PROBLEM REQUIREMENTS →
From the entries that follow, copy each line containing the word "retiring".

Entries taken from a collection →
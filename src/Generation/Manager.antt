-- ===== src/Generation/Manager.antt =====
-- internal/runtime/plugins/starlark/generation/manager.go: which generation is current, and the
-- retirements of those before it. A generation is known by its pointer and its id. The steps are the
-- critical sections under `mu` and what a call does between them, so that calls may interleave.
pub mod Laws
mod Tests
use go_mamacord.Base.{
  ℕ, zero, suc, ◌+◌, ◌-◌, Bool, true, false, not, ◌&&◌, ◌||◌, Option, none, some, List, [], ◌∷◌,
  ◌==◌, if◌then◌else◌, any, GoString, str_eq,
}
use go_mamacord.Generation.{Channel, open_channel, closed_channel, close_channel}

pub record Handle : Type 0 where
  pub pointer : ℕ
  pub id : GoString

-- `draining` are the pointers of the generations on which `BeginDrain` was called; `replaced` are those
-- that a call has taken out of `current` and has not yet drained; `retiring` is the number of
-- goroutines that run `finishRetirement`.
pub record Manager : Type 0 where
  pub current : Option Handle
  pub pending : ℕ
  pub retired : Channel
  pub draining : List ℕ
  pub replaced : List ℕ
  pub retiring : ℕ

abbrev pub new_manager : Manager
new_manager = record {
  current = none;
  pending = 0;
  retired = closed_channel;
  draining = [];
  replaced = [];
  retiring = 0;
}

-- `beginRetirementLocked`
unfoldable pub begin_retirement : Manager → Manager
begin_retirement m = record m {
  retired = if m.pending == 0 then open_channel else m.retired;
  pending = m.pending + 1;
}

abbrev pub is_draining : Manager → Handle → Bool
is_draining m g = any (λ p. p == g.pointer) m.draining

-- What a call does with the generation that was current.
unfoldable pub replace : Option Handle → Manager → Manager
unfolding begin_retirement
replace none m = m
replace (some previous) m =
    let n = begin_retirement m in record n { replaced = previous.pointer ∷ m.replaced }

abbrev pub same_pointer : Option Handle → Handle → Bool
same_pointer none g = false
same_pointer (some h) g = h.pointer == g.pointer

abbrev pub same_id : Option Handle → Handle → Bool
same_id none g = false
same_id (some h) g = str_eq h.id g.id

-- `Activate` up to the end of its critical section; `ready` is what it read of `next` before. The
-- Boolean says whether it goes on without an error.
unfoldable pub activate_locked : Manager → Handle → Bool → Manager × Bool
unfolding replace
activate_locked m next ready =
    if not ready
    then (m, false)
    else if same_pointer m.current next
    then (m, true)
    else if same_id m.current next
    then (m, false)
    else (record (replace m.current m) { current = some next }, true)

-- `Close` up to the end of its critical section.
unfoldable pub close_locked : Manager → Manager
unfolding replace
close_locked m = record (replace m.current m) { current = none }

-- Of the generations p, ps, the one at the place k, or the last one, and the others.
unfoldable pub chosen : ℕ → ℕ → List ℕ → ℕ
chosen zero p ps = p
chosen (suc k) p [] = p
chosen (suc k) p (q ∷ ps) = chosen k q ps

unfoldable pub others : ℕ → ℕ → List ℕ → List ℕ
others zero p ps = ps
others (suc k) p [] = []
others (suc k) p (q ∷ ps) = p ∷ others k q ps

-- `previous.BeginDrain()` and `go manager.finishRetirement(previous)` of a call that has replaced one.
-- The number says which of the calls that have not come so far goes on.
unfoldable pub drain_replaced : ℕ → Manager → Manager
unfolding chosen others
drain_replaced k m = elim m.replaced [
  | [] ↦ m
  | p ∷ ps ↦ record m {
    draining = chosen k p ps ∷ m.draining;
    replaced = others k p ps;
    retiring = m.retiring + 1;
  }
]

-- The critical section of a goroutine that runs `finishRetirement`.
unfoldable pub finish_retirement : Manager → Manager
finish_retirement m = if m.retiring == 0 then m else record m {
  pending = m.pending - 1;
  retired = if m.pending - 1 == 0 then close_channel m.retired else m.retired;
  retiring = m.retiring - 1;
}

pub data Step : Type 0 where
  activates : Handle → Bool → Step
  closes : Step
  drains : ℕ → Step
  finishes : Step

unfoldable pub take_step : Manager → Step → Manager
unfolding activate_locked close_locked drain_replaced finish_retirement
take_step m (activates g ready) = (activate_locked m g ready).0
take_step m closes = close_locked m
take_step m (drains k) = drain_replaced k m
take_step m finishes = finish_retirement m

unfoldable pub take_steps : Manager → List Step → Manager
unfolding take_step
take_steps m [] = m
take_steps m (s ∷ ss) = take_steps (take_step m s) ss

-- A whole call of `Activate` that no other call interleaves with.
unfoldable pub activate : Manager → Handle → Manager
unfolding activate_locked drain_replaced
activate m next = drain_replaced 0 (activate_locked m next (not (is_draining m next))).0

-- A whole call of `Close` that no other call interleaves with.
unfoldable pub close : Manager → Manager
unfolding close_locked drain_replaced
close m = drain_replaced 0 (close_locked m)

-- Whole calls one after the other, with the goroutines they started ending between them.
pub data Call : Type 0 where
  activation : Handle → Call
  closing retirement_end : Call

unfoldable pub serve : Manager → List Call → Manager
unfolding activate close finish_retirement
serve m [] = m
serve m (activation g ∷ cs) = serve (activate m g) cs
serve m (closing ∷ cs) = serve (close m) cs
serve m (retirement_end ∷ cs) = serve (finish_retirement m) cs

RESULT OF THE EXERCISE →
-- that a call has taken out of `current` and has not yet drained; `retiring` is the number of
  pub retiring : ℕ
  retiring = 0;
    retiring = m.retiring + 1;
finish_retirement m = if m.retiring == 0 then m else record m {
  retiring = m.retiring - 1;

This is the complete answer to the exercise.